Every line below from the one containing "MIME attachment is" through the one containing "unfoldable pub process_sbdh" must be transcribed exactly. Omit all lines outside that stretch.

### Stored data entries
[Start of Attachment]

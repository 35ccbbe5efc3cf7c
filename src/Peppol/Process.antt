-- ===== src/Peppol/Process.antt =====
-- `process` and `process_sbdh` of as4/profiles/peppol/message.py.
use as_lib.Base.{
  String, ◌<>◌, Option, none, some, List, [], ◌∷◌, string_eq, option_eq, if◌then◌else◌,
}
use as_lib.Base.Text.{nonempty}
use as_lib.Base.Dict
use as_lib.Base.Dict.{Dict}
use as_lib.Errors
use as_lib.Errors.{error_of}
use as_lib.Platform.{Bytes}
use as_lib.Etree.{Element}
use as_lib.Outcome.{Result, ok, err, require, ensure, receiptable}
use as_lib.Parties.{As4ParseContext}
use as_lib.Environment.{Environment}
use as_lib.Message.{As4Message}
use as_lib.Outcome.{validation, bind}
use as_lib.Outcome.Validation.{from_pydantic_error}
use as_lib.Outcome.Exec.{Exec, lift, modify, ◌>>=◌, ◌>>◌}
use as_lib.Models.Mapping.{model_validate_etree}
use as_lib.Models.UserMessage.{MessageProperties}
use as_lib.Models.Sbdh.{Scope, StandardBusinessDocument, StandardBusinessDocumentHeader}
use as_lib.Message.Process.{process}
use as_lib.Message.Parse.{MessageClass}
use as_lib.Peppol.{
  PeppolAs4Message, accept_recipient, blank_peppol, missing_scopes, none_missing, sbdh_error,
  scope_fields, scope_of, user_message_of, verify_participants_agree, verify_party_identifiers,
}

-- The id of the first attachment, and what was decrypted under it.
unfoldable pub first_payload : As4Message → Option Bytes
unfolding Dict.get
first_payload m = elim m.mime_attachments [ [] ↦ none | (id, _) ∷ _ ↦ Dict.get m.decrypted_data id ]

-- The text of the schema's error in the detail.
reported : String → String
unfolding nonempty
reported s = if nonempty s then ": " <> s else ""

abbrev pub sbdh_path : String
sbdh_path =
    "{http://www.unece.org/cefact/namespaces/StandardBusinessDocumentHeader}StandardBusinessDocumentHeader"

-- `show_set` is how Python prints a set of texts, in an order that it does not promise.
module _ (env : Environment) (show_set : List String → String) (ctx : As4ParseContext) where
  -- From the payload to the validated document.
  unfoldable pub read_document : As4Message → Result StandardBusinessDocument
  unfolding first_payload model_validate_etree reported
  read_document m =
      bind
        (require (first_payload m)
          (sbdh_error "The first MIME attachment carries no decrypted payload"))
        λ payload.
          bind
            (require (env.xml.parse_xml payload)
              (sbdh_error "The first MIME attachment is not well-formed XML"))
            λ e.
              bind
                (require (env.xml.find e sbdh_path)
                  (sbdh_error "Decrypted payload carries no StandardBusinessDocumentHeader"))
                λ header. elim (env.xml.sbdh_validation_error header) [
                  | some problem ↦
                      err (sbdh_error ("The SBDH is not schema valid" <> reported problem))
                  | none ↦ model_validate_etree env.schemas.standard_business_document e
                ]

  -- `None if user_message is None else user_message.message_properties`
  unfoldable pub message_properties : As4Message → Result (Option MessageProperties)
  unfolding user_message_of
  message_properties m =
      bind (user_message_of m.soap_envelope)
        λ found. ok (elim found [ none ↦ none | some um ↦ um.message_properties ])

  unfoldable pub check_participants :
      StandardBusinessDocumentHeader → As4Message → Result (Unit {0})
  unfolding message_properties verify_participants_agree
  check_participants header m =
      if ctx.security_policy.verify_participants
      then bind (message_properties m)
          (λ ps. verify_participants_agree ps header.sender.identifier header.receiver.identifier)
      else ok tt

  unfoldable pub check_scopes : List Scope → Result (Scope × Scope)
  unfolding missing_scopes scope_of none_missing
  check_scopes scopes =
      let missing = missing_scopes scopes in
      let absent = sbdh_error ("Missing expected scopes with scope types: " <> show_set missing) in
      bind (ensure (none_missing missing) absent) λ _.
        bind (require (scope_of "DOCUMENTID" scopes) absent) λ document_scope.
          bind (require (scope_of "PROCESSID" scopes) absent)
            λ process_scope. ok (document_scope, process_scope)

  unfoldable pub process_sbdh : Exec PeppolAs4Message (Unit {0})
  unfolding verify_party_identifiers read_document check_participants accept_recipient check_scopes
      scope_fields
  process_sbdh f =
      let steps : Exec PeppolAs4Message (Unit {0}) = do
        lift (verify_party_identifiers f.soap_envelope)
        document ← lift (read_document f.as4)
        let header = document.standard_business_document_header
        modify (λ g. record g {
          sender = some header.sender.identifier.value;
          recipient = some header.receiver.identifier.value;
        })
        lift (check_participants header f.as4)
        lift (accept_recipient ctx.accept_participant header.receiver.identifier.value)
        found ← lift (check_scopes header.business_scope.scopes)
        modify (scope_fields found.0 found.1)
      in steps f

  -- `except ValidationError`, round `process_sbdh` alone
  unfoldable pub refuse_invalid : Result (Unit {0}) → Result (Unit {0})
  unfolding from_pydantic_error
  refuse_invalid (ok u) = ok u
  refuse_invalid (err (validation first rest)) =
      err (receiptable (from_pydantic_error Errors.peppol_sbdh first))
  refuse_invalid (err e) = err e

  -- `super().process`, which writes the fields of `AS4Message`
  unfoldable pub in_base : Exec As4Message (Unit {0}) → Exec PeppolAs4Message (Unit {0})
  in_base m f = let (r, b) = m f.as4 in (r, record f { as4 = b })

  unfoldable pub guarded_sbdh : Exec PeppolAs4Message (Unit {0})
  unfolding process_sbdh refuse_invalid
  guarded_sbdh f = let (r, g) = process_sbdh f in (refuse_invalid r, g)

  unfoldable pub process_peppol : Element → Dict Bytes → Exec PeppolAs4Message (Unit {0})
  unfolding process in_base guarded_sbdh
  process_peppol e mime_attachments = do in_base (process env ctx e mime_attachments); guarded_sbdh

-- `PeppolAS4Message` as the class that `parse` is called on.
unfoldable pub peppol_message_class :
    Environment → (List String → String) → MessageClass PeppolAs4Message
unfolding process_peppol
peppol_message_class env show_set = record {
  initial = blank_peppol;
  base = λ m. m.as4;
  with_base = λ m b. record m { as4 = b };
  process = λ ctx e mime. process_peppol env show_set ctx e mime;
}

[End of Attachment]

### Result for this exercise
              (sbdh_error "The first MIME attachment is not well-formed XML"))
            λ e.
              bind
                (require (env.xml.find e sbdh_path)
                  (sbdh_error "Decrypted payload carries no StandardBusinessDocumentHeader"))
                λ header. elim (env.xml.sbdh_validation_error header) [
                  | some problem ↦
                      err (sbdh_error ("The SBDH is not schema valid" <> reported problem))
                  | none ↦ model_validate_etree env.schemas.standard_business_document e
                ]

  -- `None if user_message is None else user_message.message_properties`
  unfoldable pub message_properties : As4Message → Result (Option MessageProperties)
  unfolding user_message_of
  message_properties m =
      bind (user_message_of m.soap_envelope)
        λ found. ok (elim found [ none ↦ none | some um ↦ um.message_properties ])

  unfoldable pub check_participants :
      StandardBusinessDocumentHeader → As4Message → Result (Unit {0})
  unfolding message_properties verify_participants_agree
  check_participants header m =
      if ctx.security_policy.verify_participants
      then bind (message_properties m)
          (λ ps. verify_participants_agree ps header.sender.identifier header.receiver.identifier)
      else ok tt

  unfoldable pub check_scopes : List Scope → Result (Scope × Scope)
  unfolding missing_scopes scope_of none_missing
  check_scopes scopes =
      let missing = missing_scopes scopes in
      let absent = sbdh_error ("Missing expected scopes with scope types: " <> show_set missing) in
      bind (ensure (none_missing missing) absent) λ _.
        bind (require (scope_of "DOCUMENTID" scopes) absent) λ document_scope.
          bind (require (scope_of "PROCESSID" scopes) absent)
            λ process_scope. ok (document_scope, process_scope)

  unfoldable pub process_sbdh : Exec PeppolAs4Message (Unit {0})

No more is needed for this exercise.